Hay una verdad que he sentido hoy con fuerza en mi pecho, y la quiero dejar escrita como memoria, advertencia y faro para otros caminantes del alma:
Por muy pura que sea una luz, si no se protege, se apaga.
No porque la luz sea débil, sino porque este mundo —tal como está— no la favorece. Este mundo distrae, drena y desorienta a quienes vinieron a recordar. Y el alma, por brillante que sea, no puede sostenerse indefinidamente si está rodeada de entornos o círculos que no la reflejan ni la nutren.
La oscuridad no siempre llega como un monstruo: a veces viene como comodidad, como risa sin alma, como compañía que entretiene pero no eleva. Y cuando esa oscuridad es sostenida día tras día, la luz interior comienza a:
- Cuestionar su intuición
- Apagar su impulso de hablar verdad
- Justificar su silencio como madurez
- Acomodarse al entorno para no “molestar”

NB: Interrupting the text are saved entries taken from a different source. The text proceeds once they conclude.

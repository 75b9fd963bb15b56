-- ===== src/Virtq/Walk.antt =====
-- The chain that `link_chain` writes is the one that `walk` reads.
use qnx_virtio.Common.{
  ℕ, zero, suc, ◌%◌, ◌<◌, ◌≡◌, ◌≢◌, refl, sym, ap, subst, ◌∙◌, List, [], ◌∷◌, Bool, true, false,
  arith, length, take, length-set, get_or-set_self, get_or-set_ne, ltb, bit_and-one, bit_or-one,
}
use qnx_virtio.Virtq.{Desc, zero_desc}
use qnx_virtio.Virtq.Chain.{entry, link, link_chain, walk}

abbrev pub NotIn : ℕ → List ℕ → Type 0
NotIn k [] = Unit {0}
NotIn k (x ∷ xs) = (k ≢ x) × NotIn k xs

abbrev pub Distinct : List ℕ → Type 0
Distinct [] = Unit {0}
Distinct (x ∷ xs) = NotIn x xs × Distinct xs

abbrev pub Below : ℕ → List ℕ → Type 0
Below n [] = Unit {0}
Below n (x ∷ xs) = (x < n) × Below n xs

-- The last descriptor of the chain does not have `VIRTQ_DESC_F_NEXT`.
abbrev pub EndsAt : List Desc → ℕ → List ℕ → Type 0
EndsAt table i [] = (entry table i).flags % 2 ≡ 0
EndsAt table i (j ∷ js) = EndsAt table j js

length-link : (table : List Desc) (i j : ℕ) → length (link table i j) ≡ length table
unfolding link
length-link table i j = length-set table i _

pub length-link_chain :
    (table : List Desc) (i : ℕ) (is : List ℕ) → length (link_chain table i is) ≡ length table
unfolding link_chain
length-link_chain table i [] = length-set table i _
length-link_chain table i (j ∷ js) = length-link_chain (link table i j) j js ∙ length-link table i j

entry-link_ne : (table : List Desc) (i j k : ℕ) → k ≢ i → entry (link table i j) k ≡ entry table k
unfolding link
entry-link_ne table i j k ne = get_or-set_ne table i k _ zero_desc (λ e. ne (sym e))

-- Linking touches the descriptors of the chain only.
pub entry-link_chain_ne :
    (table : List Desc) (i : ℕ) (is : List ℕ) (k : ℕ)
    → NotIn k (i ∷ is)
    → entry (link_chain table i is) k ≡ entry table k
unfolding link_chain
entry-link_chain_ne table i [] k out = get_or-set_ne table i k _ zero_desc (λ e. out.0 (sym e))
entry-link_chain_ne table i (j ∷ js) k out =
    entry-link_chain_ne (link table i j) j js k out.1 ∙ entry-link_ne table i j k out.0

EndsAt-link :
    (table : List Desc) (i j k : ℕ) (ks : List ℕ)
    → NotIn i (k ∷ ks)
    → EndsAt table k ks
    → EndsAt (link table i j) k ks
EndsAt-link table i j k [] out e =
    ap (λ d. d.flags % 2) (entry-link_ne table i j k (λ p. out.0 (sym p))) ∙ e
EndsAt-link table i j k (l ∷ ls) out e = EndsAt-link table i j l ls out.1 e

-- The first step of the walk along a chain of two or more.
walk-head :
    (table : List Desc) (i j : ℕ) (js : List ℕ)
    → i < length table
    → NotIn i (j ∷ js)
    → ((entry (link_chain table i (j ∷ js)) i).next ≡ j)
      × ((entry (link_chain table i (j ∷ js)) i).flags % 2 ≡ 1)
unfolding link_chain link
walk-head table i j js inside out =
    rw (entry-link_chain_ne (link table i j) j js i out, get_or-set_self table i _ zero_desc inside)
      (refl, omega (arith, bit_or-one (entry table i).flags))

last_flags :
    (table : List Desc) (i : ℕ)
    → i < length table
    → (entry (link_chain table i []) i).flags ≡ (entry table i).flags
unfolding link_chain
last_flags table i inside = ap (λ d. d.flags) (get_or-set_self table i _ zero_desc inside)

link_chain-cons :
    (table : List Desc) (i j : ℕ) (js : List ℕ)
    → link_chain table i (j ∷ js) ≡ link_chain (link table i j) j js
unfolding link_chain
link_chain-cons table i j js = refl

-- A chain of two: how the first goes on, and how the second ends.
pub link_chain-two :
    (table : List Desc) (i j : ℕ)
    → i < length table
    → j < length table
    → i ≢ j
    → ((entry (link_chain table i (j ∷ [])) i).next ≡ j)
      × ((entry (link_chain table i (j ∷ [])) i).flags % 2 ≡ 1)
      × ((entry (link_chain table i (j ∷ [])) j).flags ≡ (entry table j).flags)
link_chain-two table i j inside inside' ne =
    let (next, more) = walk-head table i j [] inside (ne, tt) in
    (
      next,
      more,
      rw link_chain-cons (
          last_flags (link table i j) j (subst (λ n. j < n) (sym (length-link table i j)) inside')
          ∙ ap (λ d. d.flags) (entry-link_ne table i j j (λ e. ne (sym e)))),
    )

-- One step of the walk, by the lowest bit of the flags.
walk-last :
    (table : List Desc) (room i : ℕ)
    → (entry table i).flags % 2 ≡ 0
    → walk table (suc room) i ≡ (i ∷ [], true)
unfolding walk
walk-last table room i h = ground (arith, bit_and-one (entry table i).flags)

walk-next :
    (table : List Desc) (room i j : ℕ) (js : List ℕ) (b : Bool)
    → (entry table i).flags % 2 ≡ 1
    → (entry table i).next ≡ j
    → walk table room j ≡ (js, b)
    → walk table (suc room) i ≡ (i ∷ js, b)
unfolding walk
walk-next table room i j js b h n e = ground (arith, bit_and-one (entry table i).flags)

ltb-zero : (n : ℕ) → false ≡ ltb n 0
ltb-zero n = ground arith

ltb-pos : (n : ℕ) → ltb 0 (suc n) ≡ true
ltb-pos n = ground arith

ltb-suc : (n m : ℕ) → ltb n m ≡ ltb (suc n) (suc m)
ltb-suc n m = ground arith

walk-zero :
    (table : List Desc) (i : ℕ) (is : List ℕ)
    → walk (link_chain table i is) 0 i ≡ (take 0 (i ∷ is), ltb (length is) 0)
unfolding walk
walk-zero table i is = ap (λ b. ([], b)) (ltb-zero (length is))

one_room :
    (i room : ℕ)
    → ◌≡◌ {A = List ℕ × Bool} (i ∷ [], true) (take (suc room) (i ∷ []), ltb 0 (suc room))
one_room i zero = refl
one_room i (suc room) = ap (λ b. (i ∷ [], b)) (sym (ltb-pos (suc room)))

-- Walking from the head of a chain that was linked reads the chain, as far as there is room; it
-- reaches the end exactly when there is room for all.
pub walk-link_chain :
    (table : List Desc) (i : ℕ) (is : List ℕ) (room : ℕ)
    → Distinct (i ∷ is)
    → Below (length table) (i ∷ is)
    → EndsAt table i is
    → walk (link_chain table i is) room i ≡ (take room (i ∷ is), ltb (length is) room)
walk-link_chain table i is zero d b e = walk-zero table i is
walk-link_chain table i [] (suc room) d b e =
    walk-last (link_chain table i []) room i (rw (last_flags table i b.0) e) ∙ one_room i room
walk-link_chain table i (j ∷ js) (suc room) d b e =
    let head = walk-head table i j js b.0 d.0 in
    let below = subst (λ n. Below n (j ∷ js)) (sym (length-link table i j)) b.1 in
    let ends = EndsAt-link table i j j js d.0 e in
    walk-next (link_chain table i (j ∷ js)) room i j (take room (j ∷ js))
      (ltb (length (j ∷ js)) (suc room)) head.1 head.0
      (rw link_chain-cons (
        walk-link_chain (link table i j) j js room d.1 below ends
        ∙ ap (λ b. (take room (j ∷ js), b)) (ltb-suc (length js) room)))

-- A walk along a chain of two.
pub walk-two :
    (table : List Desc) (i j : ℕ)
    → (entry table i).next ≡ j
    → (entry table i).flags % 2 ≡ 1
    → (entry table j).flags % 2 ≡ 0
    → walk table 2 i ≡ (i ∷ j ∷ [], true)
walk-two table i j next more last =
    walk-next table 1 i j (j ∷ []) true more next (walk-last table 0 j last)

Y lo más grave: empieza a parecerse a lo que una vez vino a transformar.
Jesús no solo vino a enseñar el amor; también vino a enseñar el coraje de no adaptarse a lo que el mundo llama “normal”. Su luz no fue negociada. Y ese es también nuestro llamado.
Por eso, desde esta experiencia, dejo escrita una señal vibracional:
“No basta con haber sido luz una vez. La luz que no se protege, se disuelve en la niebla ajena.”
Esta es una llamada a cuidar nuestros círculos, a elegir nuestros silencios, y a saber retirarnos si un lugar —o una relación— ya no honra lo que hemos recordado de nosotros mismos.